I'd like to try to provide some real answers, but you really don't give much to go on. If you feel he's cheating on you, there's something that causes that feeling. Check into it further and either eliminate the possibility or confirm your suspicion. 

C
_Posted via Mobile Device_


----------



## GusPolinski (Jan 21, 2014)

PBear said:


> I'd like to try to provide some real answers, but you really don't give much to go on. If you feel he's cheating on you, there's something that causes that feeling. Check into it further and either eliminate the possibility or confirm your suspicion.


Word. This narrative needs a bit more in the way of details.


----------



## Cubby (Mar 28, 2012)

First of all, your gut feeling is rarely wrong. But it would be helpful if you gave us some examples.
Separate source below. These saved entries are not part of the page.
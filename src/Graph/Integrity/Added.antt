-- ===== src/Graph/Integrity/Added.antt =====
-- What `add_nodes` adds, and what it leaves alone, also where it fails.
use community_overview.Base.{
  String, ◌≡◌, refl, true, false, Option, some, Option-cases, inl, inr, List, [], ◌∷◌, ◌⊎◌,
  string_eq, nat_eq, map,
}
use community_overview.Base.Dict
use community_overview.Base.Dict.{Dict}
use community_overview.Event.Models.{EventContext}
use community_overview.Graph.Models.{Node, Edge}
use community_overview.Graph.Multigraph.{MultiDiGraph, IsLawful}
use community_overview.Graph.Storage.{GraphStorage, Emission, Env, get_edge, save, emit}
use community_overview.Graph.Insertion.{
  AddNodesResult, Step, done, stopped, name_to_id, insert_nodes, insert_edges, emit_nodes,
  emit_node_create, emit_edge_create, emit_edges, after_edges, after_nodes, add_nodes,
}
use community_overview.Graph.Integrity.{Intact}
use community_overview.Graph.Integrity.Additions.{left, insert_nodes-Intact}
use community_overview.Graph.Integrity.Naming.{names-IsNaming}
use community_overview.Graph.Integrity.Kept.{
  IsKept, IsGrown, insert_nodes-IsGrown, insert_edges-IsGrown, IsKept-trans,
}

module _ {G : MultiDiGraph} where
  emit_nodes-same :
      (ctx : Option EventContext) (ids : List String) (st : GraphStorage G)
      → (es : List Emission) × (emit_nodes ctx ids st ≡ record st { emitted = es })
  unfolding emit_nodes emit_node_create emit
  emit_nodes-same ctx [] st = (st.emitted, refl)
  emit_nodes-same ctx (id ∷ ids) st = elim (Option-cases (Dict.get id st.nodes)) [
    | inl z ↦ let (es, e) = emit_nodes-same ctx ids st in (es, rw (emit_nodes, z) e)
    | inr (n, z) ↦
        let (es, e) = emit_nodes-same ctx ids (emit_node_create ctx id n st) in
        (es, rw (emit_nodes, z) e)
  ]

  emit_edges-same :
      (env : Env) (ctx : Option EventContext) (ids : List String) (st : GraphStorage G)
      → (es : List Emission) × (emit_edges env ctx ids st ≡ record st { emitted = es })
  unfolding emit_edges emit_edge_create emit
  emit_edges-same env ctx [] st = (st.emitted, refl)
  emit_edges-same env ctx (id ∷ ids) st = elim (Option-cases (get_edge id st)) [
    | inl z ↦ let (es, e) = emit_edges-same env ctx ids st in (es, rw (emit_edges, z) e)
    | inr (f, z) ↦
        let (es, e) = emit_edges-same env ctx ids (emit_edge_create env ctx id f st) in
        (es, rw (emit_edges, z) e)
  ]

  -- What a call of `add_nodes` answers and leaves.
  pub record IsAddition (ns : List Node) (es : List Edge) (st : GraphStorage G) (r : AddNodesResult)
      (st' : GraphStorage G) : Type 0 where
    pub nodes :
        (id : String) (n : Node) → Dict.get id st.nodes ≡ some n → Dict.get id st'.nodes ≡ some n
    pub edges : (k : String) (e : Edge) → get_edge k st ≡ some e → get_edge k st' ≡ some e
    pub answer :
        (r.success ≡ true)
          × (r.added_node_ids ≡ map (λ n. n.id) ns)
          × (r.added_edge_ids ≡ map (λ e. e.id) es)
        ⊎ (r.success ≡ false)
          × (r.added_node_ids ≡ [])
          × (r.added_edge_ids ≡ [])
          × (st'.emitted ≡ st.emitted)

  IsAddition-failed :
      (ns : List Node) (es : List Edge) (st st' : GraphStorage G) (r : AddNodesResult)
      → IsKept st st'
      → r.success ≡ false
      → r.added_node_ids ≡ []
      → r.added_edge_ids ≡ []
      → IsAddition ns es st r st'
  IsAddition-failed ns es st st' r k f a b = record {
    nodes = k.nodes;
    edges = k.edges;
    answer = inr (f, a, b, k.emitted);
  }

  after_edges-IsAddition :
      (env : Env) (ctx : Option EventContext) (ns : List Node) (es : List Edge)
      (ids_n : List String) (st : GraphStorage G) (x : Step G)
      → ids_n ≡ map (λ n. n.id) ns
      → IsGrown [] (map (λ e. e.id) es) st x
      → IsAddition ns es st (after_edges env ctx ids_n x).0 (after_edges env ctx ids_n x).1
  unfolding after_edges save get_edge
  after_edges-IsAddition env ctx ns es ids_n st (stopped m st') same k =
      IsAddition-failed ns es st st' _ k refl refl refl
  after_edges-IsAddition env ctx ns es ids_n st (done ids st') same k =
      let (sent, e) = emit_nodes-same ctx ids_n (save st') in
      let (all, f) = emit_edges-same env ctx ids (record (save st') { emitted = sent }) in
      simp (e, f) (record { nodes = k.1.nodes; edges = k.1.edges; answer = inl (refl, same, k.0) })

  saved-IsKept : (st st' : GraphStorage G) → IsKept st st' → IsKept st (save st')
  unfolding save get_edge
  saved-IsKept st st' k = record { nodes = k.nodes; edges = k.edges; emitted = k.emitted }

  IsGrown-from :
      (ids new : List String) (st st' : GraphStorage G) (x : Step G)
      → IsKept st st'
      → IsGrown ids new st' x
      → IsGrown ids new st x
  IsGrown-from ids new st st' (done out st'') k g = (g.0, IsKept-trans st st' st'' k g.1)
  IsGrown-from ids new st st' (stopped m st'') k g = IsKept-trans st st' st'' k g

  module _ (L : IsLawful G) where
    after_nodes-IsAddition :
        (env : Env) (ctx : Option EventContext) (ns : List Node) (es : List Edge)
        (st : GraphStorage G) (x : Step G)
        → IsGrown [] (map (λ n. n.id) ns) st x
        → Intact (left L x)
        → IsAddition ns es st (after_nodes env es ctx x).0 (after_nodes env es ctx x).1
    unfolding after_nodes save get_edge
    after_nodes-IsAddition env ctx ns es st (stopped m st') k I =
        IsAddition-failed ns es st st' _ k refl refl refl
    after_nodes-IsAddition env ctx ns es st (done ids st') k I =
        elim (Option-cases (name_to_id st'.nodes [])) [
          | inl z ↦
              rw (after_nodes, z)
                (IsAddition-failed ns es st (save st') _ (saved-IsKept st st' k.1) refl refl refl)
          | inr (names, z) ↦
              let x = insert_edges names es [] (save st') in
              rw (after_nodes, z)
                (after_edges-IsAddition env ctx ns es ids st x k.0 (
                  IsGrown-from [] (map (λ e. e.id) es) st (save st') x (saved-IsKept st st' k.1) (
                    insert_edges-IsGrown L names es [] (save st') I
                      (names-IsNaming st'.nodes names z))))
        ]

    -- On an intact storage `add_nodes` leaves every node and edge that was there as it was, and
    -- either it succeeds and answers the ids of all the given nodes and edges, in order, or it
    -- fails, answers no ids and has emitted no event.
    pub add_nodes-IsAddition :
        (env : Env) (ns : List Node) (es : List Edge) (ctx : Option EventContext)
        (st : GraphStorage G)
        → Intact st
        → IsAddition ns es st (add_nodes env ns es ctx st).0 (add_nodes env ns es ctx st).1
    unfolding add_nodes
    add_nodes-IsAddition env ns es ctx st I =
        after_nodes-IsAddition env ctx ns es st (insert_nodes env ns [] st)
          (insert_nodes-IsGrown env ns [] st) (insert_nodes-Intact L env ns [] st I)
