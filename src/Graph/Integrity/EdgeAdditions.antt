-- ===== src/Graph/Integrity/EdgeAdditions.antt =====
-- `add_edge` keeps the storage intact.
use community_overview.Base.{
  String, ◌≡◌, refl, true, Bool-cases, Option, none, some, Option-cases, inl, inr, [], arith,
  string_eq,
}
use community_overview.Event.Models.{EventContext}
use community_overview.Graph.Models.{Edge}
use community_overview.Graph.Multigraph.{MultiDiGraph, IsLawful}
use community_overview.Graph.Storage.{GraphStorage, Env, has_key, save, emit}
use community_overview.Graph.Insertion.{
  Reply, returned, raised, name_to_id, emit_edge_create, find_end, add_resolved, add_edge,
}
use community_overview.Graph.Integrity.{Intact}
use community_overview.Graph.Integrity.Naming.{names-IsNaming}
use community_overview.Graph.Integrity.Additions.{attach-Intact}

module _ {G : MultiDiGraph} (L : IsLawful G) where
  find_end-has_key :
      (s t : String) (st : GraphStorage G)
      → find_end s st ≡ returned (some t)
      → has_key t st.nodes ≡ true
  unfolding find_end
  find_end-has_key s t st e = elim (Bool-cases (has_key s st.nodes)) [
    | inl h ↦ ground (arith, h, e)
    | inr h ↦ elim (Option-cases (name_to_id st.nodes [])) [
      | inl z ↦ ground (arith, h, e, z)
      | inr (names, z) ↦ ground (arith, h, e, z, names-IsNaming st.nodes names z s t)
    ]
  ]

  add_resolved-Intact :
      (env : Env) (e : Edge) (ctx : Option EventContext) (st : GraphStorage G)
      → Intact st
      → has_key e.source st.nodes ≡ true
      → has_key e.target st.nodes ≡ true
      → Intact (add_resolved env e ctx st).1
  unfolding add_resolved emit_edge_create emit save
  add_resolved-Intact env e ctx st I hs ht = elim (Bool-cases (has_key e.id st.edges)) [
    | inl z ↦ rw z I
    | inr z ↦ rw z (attach-Intact L e st I z hs ht)
  ]

  pub add_edge-Intact :
      (env : Env) (e : Edge) (ctx : Option EventContext) (st : GraphStorage G)
      → Intact st
      → Intact (add_edge env e ctx st).1
  unfolding add_edge
  add_edge-Intact env e ctx st I =
      ends (find_end e.source st) (find_end e.target st) (λ t. find_end-has_key e.source t st)
        (λ t. find_end-has_key e.target t st)
    where
      Ending : Type 0
      Ending = Reply (Option String) × GraphStorage G

      joined : Reply (Option String) → Reply (Option String) → Ending
      joined x y = elim x as (λ x'. Ending) [
        | raised ↦ (raised, st)
        | returned none ↦ (returned none, st)
        | returned (some s) ↦ elim y as (λ y'. Ending) [
          | raised ↦ (raised, st)
          | returned none ↦ (returned none, st)
          | returned (some t) ↦ add_resolved env (record e { source = s; target = t }) ctx st
        ]
      ]

      ends :
          (x y : Reply (Option String))
          → ((s : String) → x ≡ returned (some s) → has_key s st.nodes ≡ true)
          → ((t : String) → y ≡ returned (some t) → has_key t st.nodes ≡ true)
          → Intact (joined x y).1
      ends raised y hx hy = I
      ends (returned none) y hx hy = I
      ends (returned (some s)) raised hx hy = I
      ends (returned (some s)) (returned none) hx hy = I
      ends (returned (some s)) (returned (some t)) hx hy =
          add_resolved-Intact env (record e { source = s; target = t }) ctx st I (hx s refl)
            (hy t refl)
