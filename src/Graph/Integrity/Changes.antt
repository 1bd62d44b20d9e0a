-- ===== src/Graph/Integrity/Changes.antt =====
-- `update_node` and `update_edge` keep the storage intact, also where they stop midway: no update
-- reaches an id or an end.
use community_overview.Base.{
  String, ◌≡◌, refl, subst, ◌∙◌, ◌||◌, Bool-cases, Option, some, Option-cases, inl, inr, [], ◌∷◌,
  arith, ◌==◌, string_eq, nat_eq,
}
use community_overview.Base.Dict
use community_overview.Base.Dict.{Dict}
use community_overview.Json.{Json, Object}
use community_overview.Event.Models.{EventContext}
use community_overview.Graph.Models.{Node, Edge}
use community_overview.Graph.Multigraph.{MultiDiGraph, IsLawful}
use community_overview.Graph.Score.{Strings, build_searchable_text}
use community_overview.Graph.Storage.{GraphStorage, Env, save, emit}
use community_overview.Graph.Insertion.{cache_text}
use community_overview.Graph.Change.{
  set_field, set_fields, fold_extra, set_edge_field, set_edge_fields, with_node, store_updated,
  update_node, update_edge,
}
use community_overview.Graph.Integrity.{Intact}
use community_overview.Graph.Integrity.Parts.{put_node, change_object}

set_field-id : (key : String) (v : Json) (n : Node) → (set_field key v n).id ≡ n.id
unfolding set_field
set_field-id key v n = ground arith

set_fields-id : (u : Object) (n : Node) → (set_fields u n).id ≡ n.id
unfolding set_fields
set_fields-id [] n = refl
set_fields-id ((key, v) ∷ u) n = set_fields-id u _ ∙ ground (arith, set_field-id key v n)

fold_extra-id : (p : Strings) (u : Object) (n m : Node) → fold_extra p u n ≡ some m → m.id ≡ n.id
unfolding fold_extra
fold_extra-id p u n m e = ground (arith, e)

set_edge_field-ends :
    (key : String) (v : Json) (e : Edge)
    → ((set_edge_field key v e).id ≡ e.id)
      × ((set_edge_field key v e).source ≡ e.source)
      × ((set_edge_field key v e).target ≡ e.target)
unfolding set_edge_field
set_edge_field-ends key v e = ground arith

set_edge_fields-ends :
    (u : Object) (e : Edge)
    → ((set_edge_fields u e).id ≡ e.id)
      × ((set_edge_fields u e).source ≡ e.source)
      × ((set_edge_fields u e).target ≡ e.target)
unfolding set_edge_fields
set_edge_fields-ends [] e = (refl, refl, refl)
set_edge_fields-ends ((key, v) ∷ u) e =
    ground (arith, set_edge_fields-ends u (set_edge_field key v e), set_edge_field-ends key v e)

module _ {G : MultiDiGraph} (L : IsLawful G) where
  -- A node in place of itself.
  with_node-Intact :
      (id : String) (old n : Node) (st : GraphStorage G)
      → Intact st
      → Dict.get id st.nodes ≡ some old
      → n.id ≡ old.id
      → Intact (with_node id n st)
  with_node-Intact id old n st I at same =
      let here : n.id ≡ id = same ∙ I.keyed id old at in
      let has : (m : String) → G.has_node m st.graph ≡ (m == n.id || G.has_node m st.graph) =
        λ m. ground (arith, here, at, I.graph_nodes id) in
      subst (λ k. Intact (with_node k n st)) here
        (put_node L st.nodes st.edges st.objects st.next st.graph I n st.graph has (λ u v k. refl))

  store_updated-Intact :
      (env : Env) (id : String) (old n : Node) (ctx : Option EventContext) (st : GraphStorage G)
      → Intact (with_node id n st)
      → Intact (store_updated env id old n ctx st).1
  unfolding store_updated save emit cache_text
  store_updated-Intact env id old n ctx st I = elim (Bool-cases (G.has_node id st.graph)) [
    | inr z ↦ rw (store_updated, z) I
    | inl h ↦ elim (Option-cases (build_searchable_text env.strings st.type_texts n)) [
      | inl z ↦ rw (store_updated, h, z) I
      | inr (s, z) ↦ rw (store_updated, h, z) I
    ]
  ]

  pub update_node-Intact :
      (env : Env) (id : String) (u : Object) (ctx : Option EventContext) (st : GraphStorage G)
      → Intact st
      → Intact (update_node env id u ctx st).1
  unfolding update_node
  update_node-Intact env id u ctx st I = elim (Option-cases (Dict.get id st.nodes)) [
    | inl z ↦ rw (update_node, z) I
    | inr (old, at) ↦ elim (Option-cases (fold_extra env.strings u (set_fields u old))) [
      | inl z ↦
          rw (update_node, at, z)
            (with_node-Intact id old (set_fields u old) st I at (set_fields-id u old))
      | inr (n, z) ↦
          rw (update_node, at, z)
            (store_updated-Intact env id old (record n { updated_at = env.now }) ctx st
              (with_node-Intact id old (record n { updated_at = env.now }) st I at
                (fold_extra-id env.strings u (set_fields u old) n z ∙ set_fields-id u old)))
    ]
  ]

  pub update_edge-Intact :
      (env : Env) (id : String) (u : Object) (ctx : Option EventContext) (st : GraphStorage G)
      → Intact st
      → Intact (update_edge env id u ctx st).1
  unfolding update_edge emit save
  update_edge-Intact env id u ctx st I = elim (Option-cases (Dict.get id st.edges)) [
    | inl z ↦ rw (update_edge, z) I
    | inr (r, at) ↦ elim (Option-cases (Dict.get r st.objects)) [
      | inl z ↦ rw (update_edge, at, z) I
      | inr (old, z) ↦
          let (same, source, target) = set_edge_fields-ends u old in
          rw (update_edge, at, z)
            (change_object L st.nodes st.edges st.objects st.next st.graph I r old
              (set_edge_fields u old) z same source target)
    ]
  ]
Obvious thing to do is quietly check his emails, phone records, texts, etc.


----------



## msalison (Aug 27, 2014)

There is a woman he works with who he sometimes speaks with over the phone. The calls have to do with business and I have always been aware of that. However, the calls have gotten a little longer and they have begun to talk about personal things, like their families, their weekends, etc. Then they began texting, none of which I saw because they were always erased and when I asked about them he said it was just friendly conversation, nothing to worry about. I asked him to stop and he agreed to do so. The next week there was more texting and when I confronted him he said she said she was interested in him and she asked him out. He said he told her he was married and did not do that sort of thing, but again he erased the messages. 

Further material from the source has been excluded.